BRIEF
Taking the listing below, restate word for word each line from the line with "unfolding list_page payment_response" to the line with "row) row) s", ends included, and stop there.
### MATERIAL SHOWN
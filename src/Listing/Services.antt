-- ===== src/Listing/Services.antt =====
-- `list` of TenantsService and PlansService, and `listInvoices`, `listPayments` and
-- `listSubscriptions` of BillingService, of
-- apps/api/src/modules. A joined tenant is there for every row; its name is left out of the answers.
-- The time of a row in microseconds is a parameter.
use gatway_pagamento_escrito.Prelude.{ℕ, Bool, Option, none, some, List, if◌then◌else◌, String}
use gatway_pagamento_escrito.Failure.{bad_request, Result, ok, err, map_results}
use gatway_pagamento_escrito.Auth.Password.{Chars}
use gatway_pagamento_escrito.Admin.{
  TenantStatus, TenantRow, TenantResponse, PlanStatus, PlanRow, SubscriptionStatus, SubscriptionRow,
  InvoiceStatus, InvoiceRow, InvoiceResponse, PaymentStatus, PaymentRow, PaymentResponse, Interval,
  Tables,
}
use gatway_pagamento_escrito.Common.{to_safe_integer}
use gatway_pagamento_escrito.Tenants.Changes.{tenant_response}
use gatway_pagamento_escrito.Billing.Response.{invoice_response, payment_response}
use gatway_pagamento_escrito.Listing.{Cursor, Page, fetch}
use gatway_pagamento_escrito.Listing.Cursors.{Codec, encode_cursor, decode_cursor}
use gatway_pagamento_escrito.Listing.Filters.{
  Choice, is_unknown, BillingQuery, tenant_matches, plan_matches, invoice_matches, payment_matches,
  subscription_matches,
}

pub record SubscriptionResponse : Type 0 where
  pub id : ℕ
  pub tenant_id : ℕ
  pub plan_id : ℕ
  pub plan_price_id : ℕ
  pub status : SubscriptionStatus
  pub currency : ℕ
  pub billing_interval : Interval
  pub amount_cents : ℕ
  pub current_period_start : ℕ
  pub current_period_end : ℕ
  pub trial_ends_at : Option ℕ
  pub canceled_at : Option ℕ
  pub created_at : ℕ
  pub updated_at : ℕ

abbrev with_amount : SubscriptionRow → Result ℕ → Result SubscriptionResponse
with_amount row (err e) = err e
with_amount row (ok amount_cents) = ok (record {
  id = row.id;
  tenant_id = row.tenant_id;
  plan_id = row.plan_id;
  plan_price_id = row.plan_price_id;
  status = row.status;
  currency = row.currency;
  billing_interval = row.billing_interval;
  amount_cents = amount_cents;
  current_period_start = row.current_period_start;
  current_period_end = row.current_period_end;
  trial_ends_at = row.trial_ends_at;
  canceled_at = row.canceled_at;
  created_at = row.created_at;
  updated_at = row.updated_at;
})

-- `subscriptionResponse`
unfoldable pub subscription_response : SubscriptionRow → Result SubscriptionResponse
unfolding to_safe_integer
subscription_response row = with_amount row (to_safe_integer row.amount_cents "subscription amount")

-- What `PlansService.list` shows of a plan
pub record PlanSummary : Type 0 where
  pub id : ℕ
  pub name : ℕ
  pub slug : ℕ
  pub description : Option ℕ
  pub status : PlanStatus
  pub trial_days : ℕ
  pub created_at : ℕ
  pub updated_at : ℕ

abbrev pub plan_summary : PlanRow → PlanSummary
plan_summary row = record {
  id = row.id;
  name = row.name;
  slug = row.slug;
  description = row.description;
  status = row.status;
  trial_days = row.trial_days;
  created_at = row.created_at;
  updated_at = row.updated_at;
}

pub record Answered (Item : Type 0) : Type 0 where
  pub items : List Item
  pub next_cursor : Option Chars

module _ (codec : Codec) where
  abbrev pub next_text : Option Cursor → Option Chars
  next_text none = none
  next_text (some c) = some (encode_cursor codec c)

  abbrev pub answer_items :
      {Item : Type 0} → Option Cursor → Result (List Item) → Result (Answered Item)
  answer_items next (ok items) = ok (record { items = items; next_cursor = next_text next })
  answer_items next (err e) = err e

  module _ {Row Item : Type 0} (created_us id : Row → ℕ) (mapper : Row → Result Item) where
    abbrev pub answer_page : Page Row → Result (Answered Item)
    answer_page p = answer_items p.next_cursor (map_results mapper p.items)

    abbrev pub answer_from :
        (Row → Bool) → ℕ → List Row → Result (Option Cursor) → Result (Answered Item)
    answer_from matches limit rows (ok before) =
        answer_page (fetch created_us id matches limit rows before)
    answer_from matches limit rows (err e) = err e

    -- A list handler: the status is checked, then the cursor is read.
    unfoldable pub list_page :
        String → Bool → (Row → Bool) → ℕ → Option Chars → List Row → Result (Answered Item)
    unfolding decode_cursor
    list_page message bad matches limit cursor rows =
        if bad
        then err (bad_request message)
        else answer_from matches limit rows (decode_cursor codec cursor)

  -- `TenantsService.list`
  unfoldable pub list_tenants :
      (ℕ → ℕ → Bool)
      → (TenantRow → ℕ)
      → (search : Option ℕ) → Choice TenantStatus
      → (limit : ℕ) → Option Chars
      → Tables
      → Result (Answered TenantResponse)
  unfolding list_page
  list_tenants contains created_us search status limit cursor t =
      list_page created_us (λ row. row.id) (λ row. ok (tenant_response row)) "Invalid tenant status"
        (is_unknown status) (tenant_matches contains search status) limit cursor t.tenants

  -- `BillingService.listInvoices`: the repository reads the clock for its query, and
  -- `invoiceResponse` reads it for each row.
  unfoldable pub list_invoices :
      (InvoiceRow → ℕ)
      → (now : ℕ) → (clock : InvoiceRow → ℕ) → BillingQuery InvoiceStatus
      → (limit : ℕ) → Option Chars
      → Tables
      → Result (Answered InvoiceResponse)
  unfolding list_page invoice_response
  list_invoices created_us now clock q limit cursor t =
      list_page created_us (λ row. row.id) (λ row. invoice_response (clock row) row)
        "Invalid invoice status" (is_unknown q.status) (invoice_matches now q) limit cursor
        t.invoices

  -- `BillingService.listPayments`
  unfoldable pub list_payments :
      (PaymentRow → ℕ)
      → BillingQuery PaymentStatus
      → (limit : ℕ) → Option Chars
      → Tables
      → Result (Answered PaymentResponse)
  unfolding list_page payment_response
  list_payments created_us q limit cursor t =
      list_page created_us (λ row. row.id) payment_response "Invalid payment status"
        (is_unknown q.status) (payment_matches q) limit cursor t.payments

  -- `BillingService.listSubscriptions`
  unfoldable pub list_subscriptions :
      (SubscriptionRow → ℕ)
      → BillingQuery SubscriptionStatus
      → (limit : ℕ) → Option Chars
      → Tables
      → Result (Answered SubscriptionResponse)
  unfolding list_page subscription_response
  list_subscriptions created_us q limit cursor t =
      list_page created_us (λ row. row.id) subscription_response "Invalid subscription status"
        (is_unknown q.status) (subscription_matches q) limit cursor t.subscriptions

  -- `PlansService.list`
  unfoldable pub list_plans :
      (ℕ → ℕ → Bool)
      → (PlanRow → ℕ)
      → (search : Option ℕ) → Choice PlanStatus
      → (limit : ℕ) → Option Chars
      → Tables
      → Result (Answered PlanSummary)
  unfolding list_page
  list_plans contains created_us search status limit cursor t =
      list_page created_us (λ row. row.id) (λ row. ok (plan_summary row)) "Invalid plan status"
        (is_unknown status) (plan_matches contains search status) limit cursor t.plans
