-- ===== src/Listing/Statuses.antt =====
-- A list of invoices under a status is the list of the invoices that are shown with that status.
use gatway_pagamento_escrito.Prelude.{ℕ, Bool, true, false, ◌&&◌}
use gatway_pagamento_escrito.Admin.{InvoiceStatus, opened, overdue, InvoiceRow}
use gatway_pagamento_escrito.Common.{is_null}
use gatway_pagamento_escrito.Billing.Response.{shown_status}
use gatway_pagamento_escrito.Listing.Filters.{
  BillingQuery, has_invoice_status, of_tenant, from_day, to_day,
}

-- A status that is neither of the two
abbrev is_settled_status : InvoiceStatus → Bool
is_settled_status opened = false
is_settled_status overdue = false
is_settled_status _ = true

-- The invoices that a list under a status is to show: those that would be shown with it.
abbrev pub shown_with :
    (clock : InvoiceRow → ℕ) → BillingQuery InvoiceStatus → InvoiceStatus → InvoiceRow → Bool
shown_with clock q s row =
    is_null row.deleted_at
    && of_tenant q.tenant_id row.tenant_id
    && has_invoice_status (shown_status (clock row) row) s
    && from_day q.from row.due_date
    && to_day q.to row.due_date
######
RESPONSE FOR THIS EXERCISE
  unfolding list_page payment_response
  list_payments created_us q limit cursor t =
      list_page created_us (λ row. row.id) payment_response "Invalid payment status"
        (is_unknown q.status) (payment_matches q) limit cursor t.payments

  -- `BillingService.listSubscriptions`
  unfoldable pub list_subscriptions :
      (SubscriptionRow → ℕ)
      → BillingQuery SubscriptionStatus
      → (limit : ℕ) → Option Chars
      → Tables
      → Result (Answered SubscriptionResponse)
  unfolding list_page subscription_response
  list_subscriptions created_us q limit cursor t =
      list_page created_us (λ row. row.id) subscription_response "Invalid subscription status"
        (is_unknown q.status) (subscription_matches q) limit cursor t.subscriptions

  -- `PlansService.list`
  unfoldable pub list_plans :
      (ℕ → ℕ → Bool)
      → (PlanRow → ℕ)
      → (search : Option ℕ) → Choice PlanStatus
      → (limit : ℕ) → Option Chars
      → Tables
      → Result (Answered PlanSummary)
  unfolding list_page
  list_plans contains created_us search status limit cursor t =
      list_page created_us (λ row. row.id) (λ row. ok (plan_summary row)) "Invalid plan status"
        (is_unknown status) (plan_matches contains search status) limit cursor t.plans
-- ===== src/Listing/Statuses.antt =====
-- A list of invoices under a status is the list of the invoices that are shown with that status.
use gatway_pagamento_escrito.Prelude.{ℕ, Bool, true, false, ◌&&◌}
use gatway_pagamento_escrito.Admin.{InvoiceStatus, opened, overdue, InvoiceRow}
use gatway_pagamento_escrito.Common.{is_null}
use gatway_pagamento_escrito.Billing.Response.{shown_status}
use gatway_pagamento_escrito.Listing.Filters.{
  BillingQuery, has_invoice_status, of_tenant, from_day, to_day,
}

-- A status that is neither of the two
abbrev is_settled_status : InvoiceStatus → Bool
is_settled_status opened = false
is_settled_status overdue = false
is_settled_status _ = true

-- The invoices that a list under a status is to show: those that would be shown with it.
abbrev pub shown_with :
    (clock : InvoiceRow → ℕ) → BillingQuery InvoiceStatus → InvoiceStatus → InvoiceRow → Bool
shown_with clock q s row =
    is_null row.deleted_at
    && of_tenant q.tenant_id row.tenant_id
    && has_invoice_status (shown_status (clock row) row) s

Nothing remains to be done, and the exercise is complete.